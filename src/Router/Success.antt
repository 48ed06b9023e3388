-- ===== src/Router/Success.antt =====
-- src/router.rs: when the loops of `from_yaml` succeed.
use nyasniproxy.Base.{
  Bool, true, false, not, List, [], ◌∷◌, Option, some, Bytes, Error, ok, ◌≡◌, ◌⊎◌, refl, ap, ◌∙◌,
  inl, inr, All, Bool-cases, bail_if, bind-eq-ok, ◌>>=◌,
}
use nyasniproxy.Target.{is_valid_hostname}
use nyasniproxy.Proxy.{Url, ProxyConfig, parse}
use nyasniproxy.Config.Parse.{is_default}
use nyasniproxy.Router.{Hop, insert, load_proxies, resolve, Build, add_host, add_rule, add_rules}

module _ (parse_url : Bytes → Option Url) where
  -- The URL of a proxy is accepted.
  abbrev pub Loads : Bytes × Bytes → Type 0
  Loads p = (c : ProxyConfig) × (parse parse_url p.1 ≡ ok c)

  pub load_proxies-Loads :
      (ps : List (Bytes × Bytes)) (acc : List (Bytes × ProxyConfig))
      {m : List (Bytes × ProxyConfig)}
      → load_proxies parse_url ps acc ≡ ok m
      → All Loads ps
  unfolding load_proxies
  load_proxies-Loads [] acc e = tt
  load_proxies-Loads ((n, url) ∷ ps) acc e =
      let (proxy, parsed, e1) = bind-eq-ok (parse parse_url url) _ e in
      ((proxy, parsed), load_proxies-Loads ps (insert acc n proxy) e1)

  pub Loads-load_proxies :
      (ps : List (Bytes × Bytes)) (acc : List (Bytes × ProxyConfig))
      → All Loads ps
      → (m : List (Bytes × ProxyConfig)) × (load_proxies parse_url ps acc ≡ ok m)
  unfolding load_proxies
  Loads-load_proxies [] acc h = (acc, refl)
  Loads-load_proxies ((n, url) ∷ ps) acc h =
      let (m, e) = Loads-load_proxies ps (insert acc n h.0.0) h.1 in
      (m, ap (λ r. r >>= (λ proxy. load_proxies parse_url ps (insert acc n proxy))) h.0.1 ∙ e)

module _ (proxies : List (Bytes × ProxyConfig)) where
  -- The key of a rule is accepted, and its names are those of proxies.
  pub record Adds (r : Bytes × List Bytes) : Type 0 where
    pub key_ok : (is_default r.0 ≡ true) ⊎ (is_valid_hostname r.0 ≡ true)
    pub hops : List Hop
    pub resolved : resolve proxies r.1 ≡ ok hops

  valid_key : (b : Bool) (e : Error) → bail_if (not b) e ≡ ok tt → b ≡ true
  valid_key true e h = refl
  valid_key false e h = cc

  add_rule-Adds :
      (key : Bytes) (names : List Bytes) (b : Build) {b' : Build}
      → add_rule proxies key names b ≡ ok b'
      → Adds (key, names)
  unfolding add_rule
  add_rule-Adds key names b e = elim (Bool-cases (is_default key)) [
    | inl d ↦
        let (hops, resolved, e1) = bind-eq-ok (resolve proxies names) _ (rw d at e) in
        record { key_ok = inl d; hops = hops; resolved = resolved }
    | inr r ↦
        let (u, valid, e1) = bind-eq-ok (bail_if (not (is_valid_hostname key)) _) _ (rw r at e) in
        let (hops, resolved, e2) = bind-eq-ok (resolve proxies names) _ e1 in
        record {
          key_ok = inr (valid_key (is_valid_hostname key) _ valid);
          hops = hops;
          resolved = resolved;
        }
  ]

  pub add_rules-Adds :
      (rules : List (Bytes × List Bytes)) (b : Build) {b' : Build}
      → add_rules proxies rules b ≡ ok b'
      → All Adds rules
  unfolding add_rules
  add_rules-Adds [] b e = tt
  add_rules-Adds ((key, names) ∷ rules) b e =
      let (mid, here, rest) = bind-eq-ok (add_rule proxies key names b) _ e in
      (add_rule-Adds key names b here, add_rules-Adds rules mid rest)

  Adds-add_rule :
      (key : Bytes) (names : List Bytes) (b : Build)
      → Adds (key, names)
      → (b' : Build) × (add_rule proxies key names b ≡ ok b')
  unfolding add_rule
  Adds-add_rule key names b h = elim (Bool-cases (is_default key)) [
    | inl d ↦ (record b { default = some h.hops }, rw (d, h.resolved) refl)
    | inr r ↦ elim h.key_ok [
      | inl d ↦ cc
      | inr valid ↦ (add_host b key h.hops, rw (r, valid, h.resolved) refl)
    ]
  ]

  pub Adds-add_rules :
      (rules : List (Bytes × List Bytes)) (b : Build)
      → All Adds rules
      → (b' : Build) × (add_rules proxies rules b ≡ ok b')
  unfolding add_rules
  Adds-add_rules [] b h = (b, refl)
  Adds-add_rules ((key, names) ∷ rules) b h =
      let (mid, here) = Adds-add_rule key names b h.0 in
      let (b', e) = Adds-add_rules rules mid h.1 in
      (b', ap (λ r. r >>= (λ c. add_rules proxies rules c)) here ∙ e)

• Work instructions: When the word "Type" shows up in a line of the entries, pull that line out.

• Response:
  abbrev pub Loads : Bytes × Bytes → Type 0
  pub record Adds (r : Bytes × List Bytes) : Type 0 where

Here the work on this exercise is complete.